San Antonio Express-News

Energy firms dealt big wage loss

- By Mark Curriden THE TEXAS LAWBOOK

Energy companies that compensate employees by the day — be it $200 or $1,000 — must still pay those people overtime because they are not considered exempted salaried personnel under the strict wording of the Fair Labor Standards Act, the 5th U.S. Court of Appeals ruled late Thursday.

The federal appeals court ruling, which was 12 to 6, is a blow to energy companies that have relied for decades on the idea that they could escape paying overtime to certain higher-level workers by paying them an extra-high daily wage.

Six judges dissented, stating that the majority decision overturns decades of standard practices within the energy sector and will have a devastatin­g impact on the oil and gas industry. President Franklin D. Roosevelt and other original supporters of the Fair Labor Standards Act, the dissenters wrote, “are turning over in their respective graves in reaction to the en banc majority’s [decision].”

But Judge James Ho, who wrote the majority opinion, said none of that matters when it comes to deciding case law.

“Our job is to follow the text — not to bend the text to avoid perceived negative consequenc­es for the business community,” Judge Ho wrote in his 17-page decision. “That is not because industry concerns are unimportan­t. It is because those concerns belong in the political branches, not the courts.”

Houston lawyer Ed Sullivan, who represents the plaintiff, Michael Hewitt, in the litigation, said Helix Energy needs to pay his client the overtime it owes him with interest, which he estimates is in the six figures.

“Despite what the energy industry argued, this is not a controvers­ial issue to anyone who liti

gates FLSA (Fair Labor Standards Act) cases,” Sullivan said. “Almost every disinteres­ted labor and employment lawyer knows that an employee who is paid purely by the day is not paid a salary under the FLSA. Helix rolled the dice in hopes that the 5th Circuit would substitute its subjective policy preference­s in favor of settled law. “

Norton Rose Fulbright partner Carter Crow, who represents Houston-based Helix, declined to comment on the decision.

In the case, Hewitt v. Helix Energy Solutions Group, Hewitt tool pusher Hewitt sued his employer

in 2017 for overtime he worked offshore on an oil rig.

Helix Energy lawyers argued that Hewitt, who oversaw the drill and deck crews and the subsea department, was not an hourly laborer under FLSA because he was considered exempt by being “highly compensate­d.”

Helix paid Hewitt a day rate of at least $963 for every day that he worked, regardless of the number of hours worked in a given day. His earnings totaled more than $200,000 in 2016.

The federal court in Houston rejected Hewitt’s lawsuit. Hewitt appealed to the 5th Circuit.
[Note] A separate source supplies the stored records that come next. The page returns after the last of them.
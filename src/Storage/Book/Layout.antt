-- ===== src/Storage/Book/Layout.antt =====
-- Where the parts of a written book stand: `build_ybb` and the offsets of
-- crates/attic-storage/src/book.rs.
use attic_shogi.Prelude.{
  ℕ, zero, suc, ◌+◌, ◌*◌, ◌%◌, ◌^◌, ◌≤◌, ◌<◌, ◌≡◌, refl, sym, ap, ap₂, ◌∙◌, Bool, List, [], ◌∷◌,
  ◌++◌, length, get_elem?, some, arith,
}
use mathlib.Core.List.{append_assoc}
use mathlib.Core.Option.{none-ne-some, some-injective}
use attic_shogi.Storage.Bytes.{Bytes, take, slice}
use attic_shogi.Storage.Bytes.Laws.{length-++, slice_skip, slice_head}
use attic_shogi.Storage.Book.Build.{RawRecord, moves_bytes, record_bytes, index_bytes, moves_region}
use attic_shogi.Storage.Book.Decode.{All, IsRecord, length-record_bytes}

-- The bytes of moves before record `i`.
abbrev pub before : Bool → (i : ℕ) → List RawRecord → ℕ
before w i [] = 0
before w zero (r ∷ rs) = 0
before w (suc i) (r ∷ rs) = length (moves_bytes w r.moves) + before w i rs

pub All-get {ℓ} :
    {A : Type ℓ} (P : A → Type 0) (xs : List A) (i : ℕ) {x : A}
    → All P xs
    → get_elem? xs i ≡ some x
    → P x
All-get P [] i v e = absurd (none-ne-some _ e)
All-get P (y ∷ ys) zero v e = rw (sym (some-injective _ _ e)) v.0
All-get P (y ∷ ys) (suc i) v e = All-get P ys i v.1 e

pub get_elem?-in {ℓ} :
    {A : Type ℓ} (xs : List A) (i : ℕ) → i < length xs → (x : A) × (get_elem? xs i ≡ some x)
get_elem?-in [] i h = absurd (omega arith)
get_elem?-in (x ∷ xs) zero h = (x, refl)
get_elem?-in (x ∷ xs) (suc i) h = get_elem?-in xs i (omega arith)

pub get_elem?-lt {ℓ} :
    {A : Type ℓ} (xs : List A) (i : ℕ) {x : A} → get_elem? xs i ≡ some x → i < length xs
get_elem?-lt [] i e = absurd (none-ne-some _ e)
get_elem?-lt (y ∷ ys) zero e = omega arith
get_elem?-lt (y ∷ ys) (suc i) e = let h = get_elem?-lt ys i e in omega arith

pub length-index_bytes :
    (w : Bool) (o : ℕ) (rs : List RawRecord)
    → All IsRecord rs
    → length (index_bytes w o rs) ≡ length rs * 44
unfolding index_bytes
length-index_bytes w o [] v = refl
length-index_bytes w o (r ∷ rs) v =
    length-++ (record_bytes (o % 2 ^ 64) r) _
    ∙ ap₂ ◌+◌ (length-record_bytes (o % 2 ^ 64) r v.0)
        (length-index_bytes w (o + length (moves_bytes w r.moves)) rs v.1)
    ∙ omega arith

pub index_bytes-at :
    (w : Bool) (o : ℕ) (rs : List RawRecord) (i : ℕ) (ys : Bytes) {r : RawRecord}
    → All IsRecord rs
    → get_elem? rs i ≡ some r
    → slice (i * 44) 44 (index_bytes w o rs ++ ys) ≡ record_bytes ((o + before w i rs) % 2 ^ 64) r
unfolding index_bytes
index_bytes-at w o [] i ys v e = absurd (none-ne-some _ e)
index_bytes-at w o (q ∷ rs) zero ys {r} v e =
    ap (take 44) (append_assoc (record_bytes (o % 2 ^ 64) q) _ ys)
    ∙ slice_head (record_bytes (o % 2 ^ 64) q) _ 44 (length-record_bytes (o % 2 ^ 64) q v.0)
    ∙ ap₂ record_bytes (ap (λ t. t % 2 ^ 64) (add_zero o)) (some-injective _ _ e)
  where
    add_zero : (a : ℕ) → a ≡ a + 0
    add_zero a = omega arith
index_bytes-at w o (q ∷ rs) (suc i) ys {r} v e =
    ap (slice (suc i * 44) 44) (append_assoc (record_bytes (o % 2 ^ 64) q) _ ys)
    ∙ ap
        (λ t. slice t 44 (
          record_bytes (o % 2 ^ 64) q
          ++ (index_bytes w (o + length (moves_bytes w q.moves)) rs ++ ys)))
        (suc_mul i)
    ∙ slice_skip (record_bytes (o % 2 ^ 64) q) _ 44 (i * 44) 44
        (length-record_bytes (o % 2 ^ 64) q v.0)
    ∙ index_bytes-at w (o + length (moves_bytes w q.moves)) rs i ys v.1 e
    ∙ ap (λ t. record_bytes (t % 2 ^ 64) r) (add_assoc' o _ _)
  where
    suc_mul : (a : ℕ) → suc a * 44 ≡ 44 + a * 44
    suc_mul a = omega arith

    add_assoc' : (a b c : ℕ) → a + b + c ≡ a + (b + c)
    add_assoc' a b c = omega arith

pub moves_region-at :
    (w : Bool) (rs : List RawRecord) (i : ℕ) {r : RawRecord}
    → get_elem? rs i ≡ some r
    → slice (before w i rs) (length (moves_bytes w r.moves)) (moves_region w rs)
      ≡ moves_bytes w r.moves
unfolding moves_region
moves_region-at w [] i e = absurd (none-ne-some _ e)
moves_region-at w (q ∷ rs) zero {r} e =
    rw (sym (some-injective _ _ e))
      (slice_head (moves_bytes w q.moves) (moves_region w rs) (length (moves_bytes w q.moves)) refl)
moves_region-at w (q ∷ rs) (suc i) {r} e =
    slice_skip (moves_bytes w q.moves) (moves_region w rs) (length (moves_bytes w q.moves))
      (before w i rs) (length (moves_bytes w r.moves)) refl
    ∙ moves_region-at w rs i e

pub moves_region-within :
    (w : Bool) (rs : List RawRecord) (i : ℕ) {r : RawRecord}
    → get_elem? rs i ≡ some r
    → before w i rs + length (moves_bytes w r.moves) ≤ length (moves_region w rs)
unfolding moves_region
moves_region-within w [] i e = absurd (none-ne-some _ e)
moves_region-within w (q ∷ rs) zero {r} e =
    let l = length-++ (moves_bytes w q.moves) (moves_region w rs) in
    rw (sym (some-injective _ _ e)) (omega arith)
moves_region-within w (q ∷ rs) (suc i) {r} e =
    let l = length-++ (moves_bytes w q.moves) (moves_region w rs) in
    let h = moves_region-within w rs i e in omega arith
In writing for the majority, Ho wrote that Helix admits Hewitt’s compensati­on is “computed on a daily basis, rather than on a weekly,

monthly, or annual basis.”

In arguments, Helix lawyers pointed out that Hewitt’s compensati­on was “a far cry from the wage practices against which the FLSA was created to protect.”

A majority of the appellate judges were unmoved.

“But it should go without saying that we are governed by the text of the FLSA and its implementi­ng regulation­s, not some unenumerat­ed purpose,” Ho wrote. “And Congress has never amended the text of the FLSA to categorica­lly exempt highly paid employees from overtime — to the contrary, as previously noted, it has repeatedly rejected efforts to do so.”

The Independen­t Petroleum Associatio­n of America and the

Texas Oil and Gas Associatio­n told the judges that a ruling against Helix could have “devastatin­g effect” on energy companies and that these kind of overtime disputes should be rejected because they are “mathematic­ally illogical.”

The two energy industry trade groups propose a formula that should decide whether an employee meets certain income thresholds to be paid overtime.

Ho did not think much of the idea.

“I’ve heard of using dictionari­es to discern the plain meaning of legal texts,” the judge wrote. “I’ve never heard of using a calculator.”

In dissent, Judge Jacques Wiener said a more “common sense and a reasonable reading of the law” should lead to a win for Helix Energy. The judge wrote that Hewitt was among supervisor­s, who “from the outset have been excluded from overtime.” As a “tool pusher,” Hewitt actually pushed no tools.

“Hewitt never got his hands dirty — only the 12 or 13 roughnecks whom he supervised dirtied theirs,” Judge Winer wrote. “I imagine that the original proponents of the FLSA — including President Franklin D. Roosevelt, during whose term the FLSA and other ‘Great Depression’ measures were enacted — are turning over in their respective graves in reaction to the en banc majority’s interpreta­tion of the regulatory text to undermine how the FLSA is supposed to operate.”